All I can suggest is to search the internet. Lots of competing places, you might happen onto a good deal.


----------



## packnrat (Feb 26, 2014)

been doing that..when and as this computer allows it.
got a bug (banner ad ****) the anti problems programs installed here do not keep the ads out of my way.
ads for **** i do not want, need, have a use for or can afford. :rippedhand:



.


----------



## golfermd (Apr 19, 2013)

There are programs like AdAware that will help with getting rid of those things. But, since these are computers (and most likely the Bill Gates business model) there's no way to totally prevent them. I hate popup ads too! All you can do is do your best. I have often wondered if Mac owners have this problem, too. Windows also has a function in IE (can't speak to other browsers since I use IE) that blocks popups.
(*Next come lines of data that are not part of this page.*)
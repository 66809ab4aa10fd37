-- ===== src/Arms/Scanning.antt =====
-- The scan for commands: what it finds, and that the fuel given to it is enough.
use model_lib.Prelude.{
  ℕ, zero, suc, ◌≡◌, ◌≤◌, ◌<◌, refl, sym, ap, subst, ◌&&◌, List, [], ◌∷◌, ◌++◌, none, some, ◌==◌,
  length, length-append, Option-cases, OnSome, OnSome-some, Bool-cases, inl, inr, arith,
}
use mathlib.Core.Path.{ap₂}
use model_lib.Text.{Bytes}
use model_lib.Arms.Separators.{match_count-IsCounted}
use model_lib.Arms.Commands.{is_letter, match_data, match_command, find_commands}

-- What a search for the pattern from left to right finds, one match after the other.
pub data Scan : Bytes → List Bytes → Type 0 where
  finished : Scan [] []
  skips :
      {c : ℕ} {cs : Bytes} {cmds : List Bytes}
      → match_command (c ∷ cs) ≡ none
      → Scan cs cmds
      → Scan (c ∷ cs) cmds
  finds :
      {c : ℕ} {cs cmd rest : Bytes} {cmds : List Bytes}
      → match_command (c ∷ cs) ≡ some (cmd, rest)
      → Scan rest cmds
      → Scan (c ∷ cs) (cmd ∷ cmds)

-- A match is a part at the start of the text, with at least one character.
abbrev pub IsMatch : Bytes → Bytes × Bytes → Type 0
IsMatch text m = (text ≡ m.0 ++ m.1) × (0 < length m.0)

match_data-IsMatch : (text : Bytes) → OnSome (IsMatch text) (match_data text)
unfolding match_data
match_data-IsMatch [] = tt
match_data-IsMatch (a ∷ []) = tt
match_data-IsMatch (a ∷ b ∷ []) = tt
match_data-IsMatch (a ∷ b ∷ c ∷ []) = tt
match_data-IsMatch (a ∷ b ∷ c ∷ d ∷ rest) =
    elim (Bool-cases
      ((is_letter b'd' a && is_letter b'a' b) && (is_letter b't' c && is_letter b'a' d))) [
        | inl yes' ↦ rw yes' (refl, omega arith)
        | inr no' ↦ rw no' tt
      ]

match_command-IsMatch : (text : Bytes) → OnSome (IsMatch text) (match_command text)
unfolding match_command
match_command-IsMatch [] = tt
match_command-IsMatch (c ∷ cs) = elim (Bool-cases (c == b'1')) [
  | inl one ↦ rw one (ap (◌∷◌ c) (match_count-IsCounted cs).0, omega arith)
  | inr other ↦ rw other (match_data-IsMatch (c ∷ cs))
]

match_command-shorter :
    (text cmd rest : Bytes) → match_command text ≡ some (cmd, rest) → length rest < length text
match_command-shorter text cmd rest e =
    let (same, some') = OnSome-some (IsMatch text) _ (cmd, rest) (match_command-IsMatch text) e in
    omega (arith, ap length same, length-append cmd rest)

find_commands-scanned : (n : ℕ) (text : Bytes) → length text ≤ n → Scan text (find_commands n text)
unfolding find_commands
find_commands-scanned zero [] h = finished
find_commands-scanned zero (c ∷ cs) h = absurd (omega arith)
find_commands-scanned (suc n) [] h = finished
find_commands-scanned (suc n) (c ∷ cs) h = elim (Option-cases (match_command (c ∷ cs))) [
  | inl e ↦ rw (e, find_commands) (skips e (find_commands-scanned n cs (omega arith)))
  | inr ((cmd, rest), e) ↦
      rw (e, find_commands)
        (finds e
          (find_commands-scanned n rest (omega (arith, match_command-shorter (c ∷ cs) cmd rest e))))
]

same_match :
    (text : Bytes) {cmd cmd' rest rest' : Bytes}
    → match_command text ≡ some (cmd, rest)
    → match_command text ≡ some (cmd', rest')
    → (cmd ≡ cmd') × (rest ≡ rest')
same_match text e f = (cc, cc)

Scan-unique : {text : Bytes} {a b : List Bytes} → Scan text a → Scan text b → a ≡ b
Scan-unique finished finished = refl
Scan-unique (skips e r) (skips f s) = Scan-unique r s
Scan-unique (skips e r) (finds f s) = absurd (ground (arith, e, f))
Scan-unique (finds e r) (skips f s) = absurd (ground (arith, e, f))
Scan-unique (finds {cmds = xs} e r) (finds {cmds = ys} f s) =
    let (cmd, rest) = same_match _ e f in
    ap₂ (◌∷◌) cmd (Scan-unique r (subst (λ t. Scan t ys) (sym rest) s))

-- As many rounds as the text has characters, or more, are enough for the scan: it then finds what a
-- search for the pattern from left to right finds up to the end of the text, which is one list only.
pub find_commands-Scan :
    (n : ℕ) (text : Bytes)
    → length text ≤ n
    → Scan text (find_commands n text)
      × ((cmds : List Bytes) → Scan text cmds → cmds ≡ find_commands n text)
find_commands-Scan n text h =
    let found = find_commands-scanned n text h in (found, λ cmds other. Scan-unique other found)
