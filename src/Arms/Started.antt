-- ===== src/Arms/Started.antt =====
-- What `connect_all` and `stop` leave behind.
use model_lib.Prelude.{
  ℕ, ◌≡◌, refl, ap, ◌∙◌, ◌+◌, ◌↔◌, Bool, true, false, List, [], ◌∷◌, map, ◌==◌, if◌then◌else◌,
  length, is_some, All, arith,
}
use mathlib.Core.List.{map-map}
use model_lib.Dict
use model_lib.Arms.Link.{
  ArmInfo, ConnectionMode, active, passive, connect_first, connect_arm, receive_if, start_receiver,
  start_arm_listener, listen, dial, close_sock, close_server_sock, stop_arm, is_connected,
  disconnected, Attempt, refused, broken, ready, fail_attempt,
}
use model_lib.Arms.Sockets.{in_use}
use model_lib.Arms.Controller.{
  ArmController, connect_arms, connect_all, stop, if_active, if_passive,
}

-- The link stands after the first attempt to connect.
abbrev pub stands : ConnectionMode → ArmInfo → Bool
stands active arm = is_connected arm.status
stands passive arm = is_some arm.server_sock

-- The links that stand.
unfoldable pub count_standing : ConnectionMode → Dict.Dict ArmInfo → ℕ
count_standing mode [] = 0
count_standing mode ((id, arm) ∷ arms) =
    let rest = count_standing mode arms in if stands mode arm then rest + 1 else rest

connect_first-stands :
    (mode : ConnectionMode) (answer : Attempt) (now : ℕ) (arm : ArmInfo)
    → stands mode (connect_first mode answer now arm).0 ≡ (connect_first mode answer now arm).1
unfolding connect_first connect_arm receive_if start_receiver start_arm_listener listen dial
    close_sock fail_attempt
connect_first-stands active refused now arm = ground arith
connect_first-stands active (broken s) now arm = ground arith
connect_first-stands active (ready s) now arm = ground arith
connect_first-stands passive refused now arm = ground arith
connect_first-stands passive (broken s) now arm = ground arith
connect_first-stands passive (ready s) now arm = ground arith

connect_arms-counts :
    (mode : ConnectionMode) (answer : ℕ → Attempt) (now : ℕ) (arms : Dict.Dict ArmInfo)
    → let (next, count, errors) = connect_arms mode answer now arms in
      (count ≡ count_standing mode next) × (count + length errors ≡ length arms)
unfolding connect_arms count_standing
connect_arms-counts mode answer now [] = (refl, omega arith)
connect_arms-counts mode answer now ((id, arm) ∷ arms) =
    ground (
      arith,
      connect_arms-counts mode answer now arms,
      connect_first-stands mode (answer id) now arm,
    )

no_errors : (n m : ℕ) (errors : List ℕ) → n + length errors ≡ m → ((n == m) ≡ true) ↔ (errors ≡ [])
no_errors n m [] h = (λ k. refl, λ k. ground arith)
no_errors n m (e ∷ es) h = (λ k. absurd (ground arith), λ k. absurd (ground arith))

all_successes : (mode : ConnectionMode) (n : ℕ) → if_active mode n + if_passive mode n ≡ n
all_successes active n = omega arith
all_successes passive n = omega arith

-- `connect_all` reports a success exactly where no arm failed. The connections or listeners that it
-- counts are those that stand afterwards, and with the arms that failed they are all arms.
pub connect_all-ConnectResult :
    (answer : ℕ → Attempt) (now : ℕ) (c : ArmController)
    → let (next, r) = connect_all answer now c in
      ((r.success ≡ true) ↔ (r.errors ≡ []))
      × (r.connected_count + r.listening_count ≡ count_standing c.connection_mode next.arms)
      × (r.connected_count + r.listening_count + length r.errors ≡ r.total_count)
unfolding connect_all
connect_all-ConnectResult answer now c =
    let (counted, total) = connect_arms-counts c.connection_mode answer now c.arms in
    let (_, successes, errors) = connect_arms c.connection_mode answer now c.arms in
    (
      no_errors successes (length c.arms) errors total,
      all_successes c.connection_mode successes ∙ counted,
      ap (λ n. n + length errors) (all_successes c.connection_mode successes) ∙ total,
    )

abbrev pub IsStopped : ℕ × ArmInfo → Type 0
IsStopped e = (in_use e.1 ≡ []) × (e.1.status ≡ disconnected)

map-Stopped : (arms : Dict.Dict ArmInfo) → All IsStopped (map (λ e. (e.0, stop_arm e.1)) arms)
unfolding stop_arm close_sock close_server_sock
map-Stopped [] = tt
map-Stopped ((id, arm) ∷ arms) = ((refl, refl), map-Stopped arms)

-- After a stop the controller does not run, has the same ids, and no arm has a socket or counts as
-- connected.
pub stop-Stopped :
    (c : ArmController)
    → ((stop c).running ≡ false)
      × (Dict.keys (stop c).arms ≡ Dict.keys c.arms)
      × All IsStopped (stop c).arms
unfolding stop
stop-Stopped c = (refl, map-map _ _ c.arms, map-Stopped c.arms)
The downside is that some vendors who use a popup window for their purchases so you will have to allow popups for that site.

Now, as to finding track at a lower unit cost, I have to concur with the advice given. Just do searches. My bookmarks are pretty extensive now for model railroad sites, and have been collected over my year of being here. For me, there have been many times when I spotted sales on various things I wanted or needed. As much as I hate having my email inbox flooded with ads they have also been helpful in telling me when something that I have wanted is coming on sale. So, when you find a vendor who appeals to you sign up for their newsletter or mailer. There are some really great vendors out there, owners that are people like us who love this hobby. One must accept that they are in business to make money. I am not going to list them in this thread but you can look through the threads in this sub forum (or in the scale sub forum you are using, i.e., HO, S, etc...) and see which vendors people are using for the supplies they need.

Dan


----------



## DonR (Oct 18, 2012)

Some track buying suggestions:

First, don't overlook the used market. Put a free Wanted to buy post 
in our Forums buy and sell section.

Check the Craigslist 'Toys and Games' and also 'collectibles' in cities
near you. There are very often large layouts for sale by Estates.
Enter HO trains in their search field. Run your own post in these
sections saying you want to buy flex track.

Lastly, since you plan a large purchase, Call several of the larger
hobby shops on line and brick and mortar and tell them how much
track you need. You may be able to negotiate a better than 'list'
price. 

Don


----------



## Gansett (Apr 8, 2011)

Atlas NS code 100 track is $319 per 100 3 foot pieces, code 83 is $399 from one of the larger hobby shops on the internet with a good reputation.

I have never seen anyone selling a bulk amount, 200 pieces, on Craigs or Ebay.


----------



## packnrat (Feb 26, 2014)

i have ad aware but it will not accept the code for my having PAID for it.

sad (so far only one b&m shop) says NO to discount on the track.
have a couple more to try. but all b&m shops are more than a hr drive from me.
will be trying some of the online places. 
not sure what the mark-up is on track, but here is hoping a place would like to do a lower per item profit, but high volume sale. and here the shipping plays a factor to hurt the online sales. hwell:


.


----------



## nearboston (Dec 19, 2013)

Try ebay.
There are occasional deals on there that actually only get good when you buy more than a dozen pieces because of the way the seller calculates shipping. My local Train Shop sells flex track for just under 6 bucks a length, so if I can't get better than $5.00 including shipping that's where I go, but I only get ~10 pieces at a time max..

Right now there looks like a dealer selling 100 pieces of Atlas 168 Code 100 for just under $3.70/pc. with free shipping.


----------